Rarely, severe skin rash, leading to desquamation has been reported. Complete alopecia is more commonly seen with experimental high dose therapy than with standard cytarabine treatment programs.
Use in Pregnancy: Pregnancy Category D.
Cytarabine is known to be teratogenic in some animal species and its use in pregnant women is not recommended. Cytarabine should only be used in women of child-bearing potential if the expected benefits outweigh the risks of therapy and adequate contraception is used.
Australian categorisation definition of Category D: Drugs which have caused, are suspected to have caused or may be expected to cause, an increased incidence of human foetal malformations or irreversible damage. These drugs may also have adverse pharmacological effects. Accompanying texts should be consulted for further details.
A review of the literature has shown 32 reported cases where cytarabine was given during pregnancy, either alone or in combination with other cytotoxic agents: Eighteen normal infants were delivered. Four of these had first trimester exposure. Five infants were premature or of low birth weight. Twelve of the 18 normal infants were followed up at ages ranging from 6 weeks to 7 years, and showed no abnormalities. One apparently normal infant died at 90 days of gastroenteritis.

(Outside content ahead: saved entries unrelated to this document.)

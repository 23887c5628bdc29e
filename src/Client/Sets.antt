-- ===== src/Client/Sets.antt =====
-- The commands of CacheConn on sorted sets. None of them checks its reply for NULL.
use filehub_cloud.Base.{
  ltb, ◌==◌, length, zero, suc, ℕ, ◌+◌, ◌-◌, Option, none, some, List, [], ◌∷◌, ◌++◌, take, same,
  Text, bytes, ℤ, pos, negsuc, if◌then◌else◌,
}
use filehub_cloud.Util.Numbers.{atoll}
use filehub_cloud.Client.Link.{Link, Reply, string, status, error, integer, array, Element, signed}
use filehub_cloud.Client.Connecting.{CacheConn, unguarded}
use filehub_cloud.Client.Hashes.{element_str}

abbrev pub integer_or_error : Reply → Option ℤ
integer_or_error (integer i) = some i
integer_or_error _ = some (negsuc 0)

abbrev pub zero_or_error : Reply → Option ℤ
zero_or_error (integer i) = some (pos 0)
zero_or_error _ = some (negsuc 0)

unfoldable pub zset_exist : Text → Text → CacheConn → Link (ℤ × CacheConn)
unfolding unguarded
zset_exist key member =
    unguarded (negsuc 0)
      (bytes "zlexcount" ∷ key ∷ (bytes "[" ++ member) ∷ (bytes "[" ++ member) ∷ [])
      integer_or_error

unfoldable pub zset_add : Text → ℤ → Text → CacheConn → Link (ℤ × CacheConn)
unfolding unguarded signed
zset_add key score member =
    unguarded (negsuc 0) (bytes "ZADD" ∷ key ∷ signed score ∷ member ∷ []) zero_or_error

unfoldable pub zset_zrem : Text → Text → CacheConn → Link (ℤ × CacheConn)
unfolding unguarded
zset_zrem key member = unguarded (negsuc 0) (bytes "ZREM" ∷ key ∷ member ∷ []) zero_or_error

abbrev pub ok_or_error : Text → Option ℤ
ok_or_error s = if same s (bytes "OK") then some (pos 0) else some (negsuc 0)

-- `strcmp(reply->str, "OK")`; other types have a NULL text.
abbrev pub compare_ok : Reply → Option ℤ
compare_ok (string s) = ok_or_error s
compare_ok (status s) = ok_or_error s
compare_ok (error s) = ok_or_error s
compare_ok _ = none

-- A failed `Init` gives `false`, that is 0.
unfoldable pub zset_incr : Text → Text → CacheConn → Link (ℤ × CacheConn)
unfolding unguarded
zset_incr key member =
    unguarded (pos 0) (bytes "ZINCRBY" ∷ key ∷ bytes "1" ∷ member ∷ []) compare_ok

unfoldable pub zset_zcard : Text → CacheConn → Link (ℤ × CacheConn)
unfolding unguarded
zset_zcard key = unguarded (negsuc 0) (bytes "ZCARD" ∷ key ∷ []) integer_or_error

-- The first `count` elements; each is cut to 1023 bytes, and one without a text is read as NULL.
copied : ℕ → List Element → Option (List Text)
copied zero elements = some []
copied (suc n) [] = some []
copied (suc n) (Element.other ∷ elements) = none
copied (suc n) (e ∷ elements) = elim (copied n elements) [
  | none ↦ none
  | some values ↦ some (take 1023 (element_str e) ∷ values)
]

-- `end_pos - from_pos + 1`, none below 0.
abbrev pub span : ℤ → ℤ → Option ℕ
span (pos a) (pos b) = if ltb (b + 1) a then none else some (b + 1 - a)
span (pos a) (negsuc b) = if a + b == 0 then some 0 else none
span (negsuc a) (pos b) = some (a + b + 2)
span (negsuc a) (negsuc b) = if ltb (a + 1) b then none else some (a + 1 - b)

-- A count below 0 is a large number where it is compared with the number of elements.
abbrev pub at_most : Option ℕ → List Element → ℕ
at_most none elements = length elements
at_most (some count) elements = count

abbrev pub all_copied : Option (List Text) → Option (Option (List Text))
all_copied none = none
all_copied (some values) = some (some values)

-- The members that are copied; none for -1.
unfoldable pub members : Option ℕ → Reply → Option (Option (List Text))
unfolding copied
members count (array elements) = all_copied (copied (at_most count elements) elements)
members count _ = some none

unfoldable pub zset_zrevrange : Text → ℤ → ℤ → CacheConn → Link (Option (List Text) × CacheConn)
unfolding unguarded signed members
zset_zrevrange key from_pos end_pos =
    unguarded none (bytes "ZREVRANGE" ∷ key ∷ signed from_pos ∷ signed end_pos ∷ [])
      (members (span from_pos end_pos))

abbrev pub score_or_error : Reply → Option ℤ
score_or_error (string s) = some (atoll s)
score_or_error _ = some (negsuc 0)

unfoldable pub zset_get_score : Text → Text → CacheConn → Link (ℤ × CacheConn)
unfolding unguarded
zset_get_score key member = unguarded (negsuc 0) (bytes "ZSCORE" ∷ key ∷ member ∷ []) score_or_error
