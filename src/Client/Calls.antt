-- ===== src/Client/Calls.antt =====
-- The life of a CacheConn: calls of its operations in any order, and its destructor.
use filehub_cloud.Base.{List, [], ◌∷◌, Text, ℤ}
use filehub_cloud.Client.Link.{Link, done, ◌>>=◌}
use filehub_cloud.Client.Connecting.{CacheConn, cache_init, de_init}
use filehub_cloud.Client.Keys.{
  get, set, set_ex, m_get, is_exists, del, incr_by, incr, decr, flush_db,
}
use filehub_cloud.Client.Hashes.{
  h_del, h_get, h_get_into, h_get_all, h_set, h_incr_by, h_m_set, h_m_get,
}
use filehub_cloud.Client.Lists.{l_push, r_push, l_len, l_range}
use filehub_cloud.Client.Sets.{
  zset_exist, zset_add, zset_zrem, zset_incr, zset_zcard, zset_zrevrange, zset_get_score,
}

pub data Call : Type 0 where
  connects disconnects flushes : Call
  gets exists dels incrs decrs gets_all lens zcards : Text → Call
  sets hdels hgets hgets_into lpushes rpushes zexists zrems zincrs zscores : Text → Text → Call
  sets_ex : Text → ℤ → Text → Call
  mgets : List Text → Call
  incrs_by : Text → ℤ → Call
  hsets : Text → Text → Text → Call
  hincrs_by : Text → Text → ℤ → Call
  hmsets : Text → List (Text × Text) → Call
  hmgets : Text → List Text → Call
  lranges : Text → ℤ → ℤ → Call
  zadds : Text → ℤ → Text → Call
  zranges : Text → ℤ → ℤ → Call

-- The connection that an operation leaves.
abbrev pub left : {A : Type 0} → Link (A × CacheConn) → Link CacheConn
left p = p >>= λ r. done r.1

unfoldable pub perform : Call → CacheConn → Link CacheConn
perform connects c = left (cache_init c)
perform disconnects c = de_init c
perform flushes c = left (flush_db c)
perform (gets k) c = left (get k c)
perform (exists k) c = left (is_exists k c)
perform (dels k) c = left (del k c)
perform (incrs k) c = left (incr k c)
perform (decrs k) c = left (decr k (ℤ.pos 0) c)
perform (gets_all k) c = left (h_get_all k [] c)
perform (lens k) c = left (l_len k c)
perform (zcards k) c = left (zset_zcard k c)
perform (sets k v) c = left (set k v c)
perform (hdels k f) c = left (h_del k f c)
perform (hgets k f) c = left (h_get k f c)
perform (hgets_into k f) c = left (h_get_into k f c)
perform (lpushes k v) c = left (l_push k v c)
perform (rpushes k v) c = left (r_push k v c)
perform (zexists k m) c = left (zset_exist k m c)
perform (zrems k m) c = left (zset_zrem k m c)
perform (zincrs k m) c = left (zset_incr k m c)
perform (zscores k m) c = left (zset_get_score k m c)
perform (sets_ex k n v) c = left (set_ex k n v c)
perform (mgets ks) c = left (m_get ks [] c)
perform (incrs_by k i) c = left (incr_by k i c)
perform (hsets k f v) c = left (h_set k f v c)
perform (hincrs_by k f i) c = left (h_incr_by k f i c)
perform (hmsets k h) c = left (h_m_set k h c)
perform (hmgets k fs) c = left (h_m_get k fs [] c)
perform (lranges k i j) c = left (l_range k i j [] c)
perform (zadds k i m) c = left (zset_add k i m c)
perform (zranges k i j) c = left (zset_zrevrange k i j c)

-- The calls in their order, then the destructor.
unfoldable pub session : List Call → CacheConn → Link CacheConn
unfolding perform
session [] c = de_init c
session (call ∷ calls) c = perform call c >>= session calls
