-- ===== src/Client/Counts.antt =====
-- The counters of application/filehub/api/api_common.cc, kept in Redis.
pub mod Kept
use filehub_cloud.Base.{Bool, [], ◌∷◌, Text, ℤ, pos, negsuc}
use filehub_cloud.Util.Numbers.{atoll}
use filehub_cloud.Client.Link.{Link, done, ◌>>=◌, signed}
use filehub_cloud.Client.Connecting.{CacheConn}
use filehub_cloud.Client.Keys.{get, set, incr, decr}

-- 0 for an answer with a text, -1 for none.
abbrev pub zero_if_answered : Text → ℤ
zero_if_answered [] = negsuc 0
zero_if_answered (b ∷ s) = pos 0

pub cache_set_count : Text → ℤ → CacheConn → Link (ℤ × CacheConn)
unfolding set signed
cache_set_count key count c = set key (signed count) c >>= λ r. done (zero_if_answered r.0, r.1)

-- The result, and the count as it is left.
abbrev pub count_read : Text → ℤ × ℤ
count_read [] = (negsuc 0, pos 0)
count_read (b ∷ s) = (pos 0, atoll (b ∷ s))

pub cache_get_count : Text → CacheConn → Link ((ℤ × ℤ) × CacheConn)
unfolding get
cache_get_count key c = get key c >>= λ r. done (count_read r.0, r.1)

abbrev pub sign_of : ℤ → ℤ
sign_of (pos n) = pos 0
sign_of (negsuc n) = negsuc 0

unfoldable pub cache_incr_count : Text → CacheConn → Link (ℤ × CacheConn)
unfolding incr
cache_incr_count key c = incr key c >>= λ r. done (sign_of (r.0).0, r.1)

-- A count below 0 is set to 0.
abbrev pub after_decr : Text → (ℤ × ℤ) × CacheConn → Link (ℤ × CacheConn)
after_decr key ((negsuc n, count), c) = done (negsuc 0, c)
after_decr key ((pos n, pos m), c) = done (pos 0, c)
after_decr key ((pos n, negsuc m), c) =
    cache_set_count key (pos 0) c >>= λ r. done (sign_of r.0, r.1)

unfoldable pub cache_decr_count : Text → CacheConn → Link (ℤ × CacheConn)
unfolding decr cache_set_count
cache_decr_count key c = decr key (pos 0) c >>= after_decr key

Two cases of congenital abnormalities have been reported, one with upper and lower distal limb defects, and the other with extremity and ear deformities. Both of these cases had first trimester exposure. There were seven infants with various problems in the neonatal period, including pancytopenia; transient depression of WBC, haematocrit or platelets; electrolyte abnormalities; transient eosinophilia; and one case of increased IgM levels and hyperpyrexia possibly due to sepsis. Six of the seven infants were also premature. The child with pancytopenia died at 21 days of sepsis.

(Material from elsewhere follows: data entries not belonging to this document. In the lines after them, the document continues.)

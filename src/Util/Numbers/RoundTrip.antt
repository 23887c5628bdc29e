-- ===== src/Util/Numbers/RoundTrip.antt =====
-- Numbers that are printed and read again.
use filehub_cloud.Base.{
  ℕ, suc, ◌^◌, ◌<◌, ℤ, pos, negsuc, decimal, ◌≡◌, arith, refl, sym, ap, subst, ◌∙◌,
}
use filehub_cloud.Schema.Results.{string}
use filehub_cloud.Conn.Mysql.{atoi}
use filehub_cloud.Conn.Mysql.Numerals.{atoi-decimal, decimal-head}
use filehub_cloud.Client.Link.{signed}
use filehub_cloud.Util.Numbers.{atoll, int2_string, string2_int}

atoll-decimal : (n : ℕ) → atoll (decimal n) ≡ pos (atoi (string (decimal n)))
unfolding atoll
atoll-decimal n =
    let (c, s, e, digit) = decimal-head n in
    subst (λ t. atoll t ≡ pos (atoi (string t))) (sym e) (ground (arith, digit))

pub atoll-signed : (i : ℤ) → atoll (signed i) ≡ i
unfolding atoll signed
atoll-signed (pos n) = atoll-decimal n ∙ ap pos (atoi-decimal n)
atoll-signed (negsuc n) = rw (atoi-decimal (suc n)) refl

-- A number below 2^31 is read as it was printed.
string2_int-int2_string : (n : ℕ) → n < 2 ^ 31 → string2_int (int2_string n) ≡ n
unfolding string2_int int2_string
string2_int-int2_string n small = rw (atoll-decimal n) (omega (arith, atoi-decimal n))
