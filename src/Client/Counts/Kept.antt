-- ===== src/Client/Counts/Kept.antt =====
-- A counter that is set and read, and one that is taken below 0.
use filehub_cloud.Base.{
  true, some, [], ◌∷◌, Text, bytes, ℤ, pos, negsuc, ◌≡◌, refl, ap, sym, ◌∙◌, subst,
}
use filehub_cloud.Conn.Mysql.Numerals.{decimal-head}
use filehub_cloud.Util.Numbers.{atoll}
use filehub_cloud.Util.Numbers.RoundTrip.{atoll-signed}
use filehub_cloud.Client.Link.{◌>>=◌, done, sent, Reply, Hiredis, run, signed}
use filehub_cloud.Client.Connecting.{CacheConn}
use filehub_cloud.Client.Answers.{run->>=, continue, guarded_answered}
use filehub_cloud.Client.Keys.{reply_str, only_string, get, set}
use filehub_cloud.Client.Counts.{zero_if_answered, cache_set_count, count_read, cache_get_count}

-- No number is printed as the empty text.
count_read-signed : (i : ℤ) → count_read (signed i) ≡ (pos 0, i)
unfolding signed
count_read-signed (negsuc n) = ap (λ j. (pos 0, j)) (atoll-signed (negsuc n))
count_read-signed (pos n) =
    let (c, s, e, digit) = decimal-head n in
    subst (λ t. count_read t ≡ (pos 0, atoll t)) (sym e) refl
    ∙ ap (λ j. (pos 0, j)) (atoll-signed (pos n))

-- Where the server answers GET with the text that SET was given, CacheGetCount gives the count that
-- CacheSetCount was given, of either sign.
cache_get_count-cache_set_count-run :
    (S : Hiredis) (w : S.World) (c : CacheConn) (key : Text) (count : ℤ) (ok : Text)
    → c.context ≡ true
    → (S.on_command (bytes "SET" ∷ key ∷ signed count ∷ []) w).0 ≡ some (Reply.status ok)
    → (S.on_command
        (bytes "GET" ∷ key ∷ [])
        (S.on_command (bytes "SET" ∷ key ∷ signed count ∷ []) w).1).0
      ≡ some (Reply.string (signed count))
    → (run S (cache_set_count key count c >>= λ r. cache_get_count key r.1) w []).0
      ≡ some ((pos 0, count), c)
unfolding cache_set_count cache_get_count get set run ◌>>=◌
cache_get_count-cache_set_count-run S w c key count ok opened answered stored =
    ap (λ r. r.0)
      (run->>= S (cache_set_count key count c) (λ r. cache_get_count key r.1) w []
        ∙ ap (continue S (λ r. cache_get_count key r.1)) sets
        ∙ run->>= S (get key c) (λ r. done (count_read r.0, r.1)) _ _
        ∙ ap (continue S (λ r. done (count_read r.0, r.1))) (
            guarded_answered S _ _ c [] [] (bytes "GET" ∷ key ∷ []) only_string
              (Reply.string (signed count)) opened stored))
    ∙ ap (λ r. some (r, c)) (count_read-signed count)
  where
    sets : run S (cache_set_count key count c) w [] ≡ (
      some (zero_if_answered ok, c),
      (S.on_command (bytes "SET" ∷ key ∷ signed count ∷ []) w).1,
      sent (bytes "SET" ∷ key ∷ signed count ∷ []) ∷ [],
    )
    sets =
        run->>= S (set key (signed count) c) (λ r. done (zero_if_answered r.0, r.1)) w []
        ∙ ap (continue S (λ r. done (zero_if_answered r.0, r.1))) (
            guarded_answered S w [] c [] [] (bytes "SET" ∷ key ∷ signed count ∷ []) reply_str
              (Reply.status ok) opened answered)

Therapeutic abortions were done in five cases. Four fetuses were grossly normal, but one had an enlarged spleen and another showed Trisomy C chromosome abnormality in the chorionic tissue.
Because of the potential for abnormalities with cytotoxic therapy, particularly during the first trimester, a patient who is or who may become pregnant while on cytarabine should be apprised of the potential risk to the foetus and the advisability of pregnancy continuation. There is a definite, but considerably reduced risk if therapy is initiated during the second or third trimester. Although normal infants have been delivered to patients treated in all three trimesters of pregnancy, follow-up of such infants would be advisable.
Use in Lactation: It is not known whether cytarabine is excreted in breast milk so breast feeding should be discontinued during cytarabine therapy in lactating women.